Exercise:
Each entry has to be set down again with no alteration.

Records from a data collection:
-- ===== src/Tickets/Edits.antt =====
-- A ticket's columns changed outside the state machine: `resolveDuplicate`, `updateServiceType`,
-- `updateCustomerCategory`, `updateTags` and `overrideWarrantyEligible` of
-- backend/src/ticketing/tickets/tickets.service.ts.
use Prim.Native.String.{◌++◌}
use mathlib.Core.Option
use proman_edge_ace.Prelude.{
  ℕ, String, Bool, true, false, not, ◌&&◌, Option, none, some, List, [], ◌∷◌, if◌then◌else◌,
  string_eq, get_or, or_else, is_some, keep, map, includes,
}
use proman_edge_ace.Prelude.Dict.{lookup}
use proman_edge_ace.Prelude.Text.{trim, is_blank, join}
use proman_edge_ace.Domain.Ticketing.{closed, ticket_status_name}
use proman_edge_ace.Domain.Masters.{CustomerCategory, customer_category_name}
use proman_edge_ace.Domain.Logs.{web_ui}
use proman_edge_ace.Schema.{Ticket, Sla, SlaPolicy, AuditEntry}
use proman_edge_ace.Env.{Env}
use proman_edge_ace.Action.{
  Action, ◌>>=◌, ◌>>◌, pure, ask, gets, throw_if, throw_some, first_error, transaction, bad_request,
}
use proman_edge_ace.Store.{find_ticket, update_ticket, audit}
use proman_edge_ace.SlaPolicy.{resolve, uses_target_date, sla_target_date_label}
use proman_edge_ace.Workflow.{given}
use proman_edge_ace.Tickets.Labels.{RequestUser, service_type_label}
use proman_edge_ace.Tickets.Creation.{is_valid_active_code, due_after, hours_of}

abbrev pub changed : ℕ → String → Option String → String → ℕ → AuditEntry
changed id field old new actor = record {
  entity_type = "TICKET";
  entity_id = id;
  field_name = field;
  old_value = old;
  new_value = some new;
  changed_by_user_id = actor;
  change_source = web_ui;
}

pub data DuplicateAction : Type 0 where
  merge dismiss : DuplicateAction

-- `reason?.trim()`, where it is not empty
abbrev trimmed : Option String → Option String
trimmed reason = given (Option.map trim reason)

-- `possibleDuplicateOf!.ticketNo`; a foreign key has its row.
abbrev ticket_no_of : Option Ticket → String
ticket_no_of none = ""
ticket_no_of (some t) = t.ticket_no

merge_ticket : ℕ → Ticket → String → Option String → RequestUser → Action (Unit {0})
merge_ticket id ticket other reason actor = do
  throw_if (not (is_some (trimmed reason)))
      (bad_request "A reason is required to merge this ticket")
  now ← ask (λ env. env.now)
  transaction do
    update_ticket id λ t. record t { status = closed; closed_at = some now }
    audit (
        changed id "status" (some (ticket_status_name ticket.status))
          ("CLOSED (Merged as duplicate of " ++ other ++ ": " ++ get_or (trimmed reason) "" ++ ")")
          actor.user_id)

suffix : Option String → String
suffix none = ""
suffix (some reason) = ": " ++ reason

dismiss_flag : ℕ → String → Option String → RequestUser → Action (Unit {0})
unfolding suffix
dismiss_flag id other reason actor = audit (
    changed id "duplicate_reference" none
      ("Dismissed — confirmed not a duplicate of " ++ other ++ suffix (trimmed reason))
      actor.user_id)

unfoldable pub resolve_duplicate : ℕ → DuplicateAction → RequestUser → Option String → Action Ticket
unfolding merge_ticket dismiss_flag
resolve_duplicate id action actor reason = do
  ticket ← find_ticket id
  throw_some (
      first_error (
        (
          not (is_some ticket.possible_duplicate_of_id),
          bad_request "This ticket has no unresolved duplicate flag",
        )
        ∷ (
          ticket.duplicate_flag_resolved,
          bad_request "This duplicate flag has already been resolved",
        )
        ∷ []))
  other ← gets (λ db. ticket_no_of (lookup (get_or ticket.possible_duplicate_of_id 0) db.tickets))
  elim action [
    | merge ↦ merge_ticket id ticket other reason actor
    | dismiss ↦ dismiss_flag id other reason actor
  ]
  update_ticket id λ t. record t { duplicate_flag_resolved = true }

-- The clocks for a service type that is now known; `old` is the row that was read.
unfoldable pub reclassified :
    Env → List ℕ → String → Option String → Option (ℕ × SlaPolicy) → Sla → Sla → Sla
reclassified env holidays service_type date policy old row = record row {
  target_date = target;
  response_due =
      or_else (due_after env holidays (hours_of (λ p. p.response_hours) policy)) old.response_due;
  resolution_due =
      if uses_target_date (some service_type)
      then target
      else or_else (due_after env holidays (hours_of (λ p. p.resolution_hours) policy))
          old.resolution_due;
  policy_id = or_else (Option.map (λ r. r.0) policy) old.policy_id;
}
  where
    target : Option ℕ
    target = if uses_target_date (some service_type) then Option.map env.parse_date date else none

unfoldable pub update_service_type : ℕ → String → Option String → RequestUser → Action Ticket
update_service_type id service_type date actor = do
  codes ← gets (λ db. db.service_types)
  throw_if (not (is_valid_active_code service_type codes))
      (bad_request ("Unknown or inactive service type \"" ++ service_type ++ "\""))
  ticket ← find_ticket id
  throw_if (uses_target_date (some service_type) && not (is_some (given date))) (
      bad_request (
        sla_target_date_label service_type
        ++ " is required for "
        ++ service_type_label (some service_type)
        ++ " tickets."))
  policy ← resolve (some service_type) ticket.priority
  holidays ← gets (λ db. db.holidays)
  env ← ask (λ env. env)
  updated ← update_ticket id λ t. record t {
    service_type = some service_type;
    sla = reclassified env holidays service_type date policy ticket.sla t.sla;
  }
  audit (
      changed id "serviceType" (some (service_type_label ticket.service_type))
        (service_type_label (some service_type)) actor.user_id)
  pure updated

unfoldable pub update_customer_category : ℕ → CustomerCategory → RequestUser → Action Ticket
update_customer_category id category actor = do
  ticket ← find_ticket id
  updated ← update_ticket id λ t. record t { customer_category = some category }
  audit (
      changed id "customerCategory" (Option.map customer_category_name ticket.customer_category)
        (customer_category_name category) actor.user_id)
  pure updated

-- `[...new Set(xs)]`: of equal strings the first stays; `seen` are those before.
distinct : List String → List String → List String
distinct seen [] = []
distinct seen (x ∷ xs) =
    let rest = distinct (x ∷ seen) xs in if includes seen x then rest else x ∷ rest

unfoldable pub cleaned_tags : List String → List String
unfolding distinct
cleaned_tags tags = distinct [] (keep (λ t. not (is_blank t)) (map trim tags))

unfoldable pub update_tags : ℕ → List String → RequestUser → Action Ticket
update_tags id tags actor = do
  ticket ← find_ticket id
  updated ← update_ticket id λ t. record t { tags = cleaned_tags tags }
  audit (changed id "tags" (some (join ticket.tags)) (join (cleaned_tags tags)) actor.user_id)
  pure updated

abbrev bool_text : Bool → String
bool_text true = "true"
bool_text false = "false"

unfoldable pub override_warranty_eligible : ℕ → Bool → String → RequestUser → Action Ticket
override_warranty_eligible id eligible reason actor = do
  ticket ← find_ticket id
  updated ←
      update_ticket id λ t. record t { warranty_eligible = eligible; override_reason = some reason }
  audit (
      changed id "warrantyEligible" (some (bool_text ticket.warranty_eligible))
        (bool_text eligible ++ " (" ++ reason ++ ")") actor.user_id)
  pure updated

Final answer:
-- ===== src/Tickets/Edits.antt =====
-- A ticket's columns changed outside the state machine: `resolveDuplicate`, `updateServiceType`,
-- `updateCustomerCategory`, `updateTags` and `overrideWarrantyEligible` of
-- backend/src/ticketing/tickets/tickets.service.ts.
use Prim.Native.String.{◌++◌}
use mathlib.Core.Option
use proman_edge_ace.Prelude.{
  ℕ, String, Bool, true, false, not, ◌&&◌, Option, none, some, List, [], ◌∷◌, if◌then◌else◌,
  string_eq, get_or, or_else, is_some, keep, map, includes,
}
use proman_edge_ace.Prelude.Dict.{lookup}
use proman_edge_ace.Prelude.Text.{trim, is_blank, join}
use proman_edge_ace.Domain.Ticketing.{closed, ticket_status_name}
use proman_edge_ace.Domain.Masters.{CustomerCategory, customer_category_name}
use proman_edge_ace.Domain.Logs.{web_ui}
use proman_edge_ace.Schema.{Ticket, Sla, SlaPolicy, AuditEntry}
use proman_edge_ace.Env.{Env}
use proman_edge_ace.Action.{
  Action, ◌>>=◌, ◌>>◌, pure, ask, gets, throw_if, throw_some, first_error, transaction, bad_request,
}
use proman_edge_ace.Store.{find_ticket, update_ticket, audit}
use proman_edge_ace.SlaPolicy.{resolve, uses_target_date, sla_target_date_label}
use proman_edge_ace.Workflow.{given}
use proman_edge_ace.Tickets.Labels.{RequestUser, service_type_label}
use proman_edge_ace.Tickets.Creation.{is_valid_active_code, due_after, hours_of}

abbrev pub changed : ℕ → String → Option String → String → ℕ → AuditEntry
changed id field old new actor = record {
  entity_type = "TICKET";
  entity_id = id;
  field_name = field;
  old_value = old;
  new_value = some new;
  changed_by_user_id = actor;
  change_source = web_ui;
}

pub data DuplicateAction : Type 0 where
  merge dismiss : DuplicateAction

-- `reason?.trim()`, where it is not empty
abbrev trimmed : Option String → Option String
trimmed reason = given (Option.map trim reason)

-- `possibleDuplicateOf!.ticketNo`; a foreign key has its row.
abbrev ticket_no_of : Option Ticket → String
ticket_no_of none = ""
ticket_no_of (some t) = t.ticket_no

merge_ticket : ℕ → Ticket → String → Option String → RequestUser → Action (Unit {0})
merge_ticket id ticket other reason actor = do
  throw_if (not (is_some (trimmed reason)))
      (bad_request "A reason is required to merge this ticket")
  now ← ask (λ env. env.now)
  transaction do
    update_ticket id λ t. record t { status = closed; closed_at = some now }
    audit (
        changed id "status" (some (ticket_status_name ticket.status))
          ("CLOSED (Merged as duplicate of " ++ other ++ ": " ++ get_or (trimmed reason) "" ++ ")")
          actor.user_id)

suffix : Option String → String
suffix none = ""
suffix (some reason) = ": " ++ reason

dismiss_flag : ℕ → String → Option String → RequestUser → Action (Unit {0})
unfolding suffix
dismiss_flag id other reason actor = audit (
    changed id "duplicate_reference" none
      ("Dismissed — confirmed not a duplicate of " ++ other ++ suffix (trimmed reason))
      actor.user_id)

unfoldable pub resolve_duplicate : ℕ → DuplicateAction → RequestUser → Option String → Action Ticket
unfolding merge_ticket dismiss_flag
resolve_duplicate id action actor reason = do
  ticket ← find_ticket id
  throw_some (
      first_error (
        (
          not (is_some ticket.possible_duplicate_of_id),
          bad_request "This ticket has no unresolved duplicate flag",
        )
        ∷ (
          ticket.duplicate_flag_resolved,
          bad_request "This duplicate flag has already been resolved",
        )
        ∷ []))
  other ← gets (λ db. ticket_no_of (lookup (get_or ticket.possible_duplicate_of_id 0) db.tickets))
  elim action [
    | merge ↦ merge_ticket id ticket other reason actor
    | dismiss ↦ dismiss_flag id other reason actor
  ]
  update_ticket id λ t. record t { duplicate_flag_resolved = true }

-- The clocks for a service type that is now known; `old` is the row that was read.
unfoldable pub reclassified :
    Env → List ℕ → String → Option String → Option (ℕ × SlaPolicy) → Sla → Sla → Sla
reclassified env holidays service_type date policy old row = record row {
  target_date = target;
  response_due =
      or_else (due_after env holidays (hours_of (λ p. p.response_hours) policy)) old.response_due;
  resolution_due =
      if uses_target_date (some service_type)
      then target
      else or_else (due_after env holidays (hours_of (λ p. p.resolution_hours) policy))
          old.resolution_due;
  policy_id = or_else (Option.map (λ r. r.0) policy) old.policy_id;
}
  where
    target : Option ℕ
    target = if uses_target_date (some service_type) then Option.map env.parse_date date else none

unfoldable pub update_service_type : ℕ → String → Option String → RequestUser → Action Ticket
update_service_type id service_type date actor = do
  codes ← gets (λ db. db.service_types)
  throw_if (not (is_valid_active_code service_type codes))
      (bad_request ("Unknown or inactive service type \"" ++ service_type ++ "\""))
  ticket ← find_ticket id
  throw_if (uses_target_date (some service_type) && not (is_some (given date))) (
      bad_request (
        sla_target_date_label service_type
        ++ " is required for "
        ++ service_type_label (some service_type)
        ++ " tickets."))
  policy ← resolve (some service_type) ticket.priority
  holidays ← gets (λ db. db.holidays)
  env ← ask (λ env. env)
  updated ← update_ticket id λ t. record t {
    service_type = some service_type;
    sla = reclassified env holidays service_type date policy ticket.sla t.sla;
  }
  audit (
      changed id "serviceType" (some (service_type_label ticket.service_type))
        (service_type_label (some service_type)) actor.user_id)
  pure updated

unfoldable pub update_customer_category : ℕ → CustomerCategory → RequestUser → Action Ticket
update_customer_category id category actor = do
  ticket ← find_ticket id
  updated ← update_ticket id λ t. record t { customer_category = some category }
  audit (
      changed id "customerCategory" (Option.map customer_category_name ticket.customer_category)
        (customer_category_name category) actor.user_id)
  pure updated

-- `[...new Set(xs)]`: of equal strings the first stays; `seen` are those before.
distinct : List String → List String → List String
distinct seen [] = []
distinct seen (x ∷ xs) =
    let rest = distinct (x ∷ seen) xs in if includes seen x then rest else x ∷ rest

unfoldable pub cleaned_tags : List String → List String
unfolding distinct
cleaned_tags tags = distinct [] (keep (λ t. not (is_blank t)) (map trim tags))

unfoldable pub update_tags : ℕ → List String → RequestUser → Action Ticket
update_tags id tags actor = do
  ticket ← find_ticket id
  updated ← update_ticket id λ t. record t { tags = cleaned_tags tags }
  audit (changed id "tags" (some (join ticket.tags)) (join (cleaned_tags tags)) actor.user_id)
  pure updated

abbrev bool_text : Bool → String
bool_text true = "true"
bool_text false = "false"

unfoldable pub override_warranty_eligible : ℕ → Bool → String → RequestUser → Action Ticket
override_warranty_eligible id eligible reason actor = do
  ticket ← find_ticket id
  updated ←
      update_ticket id λ t. record t { warranty_eligible = eligible; override_reason = some reason }
  audit (
      changed id "warrantyEligible" (some (bool_text ticket.warranty_eligible))
        (bool_text eligible ++ " (" ++ reason ++ ")") actor.user_id)
  pure updated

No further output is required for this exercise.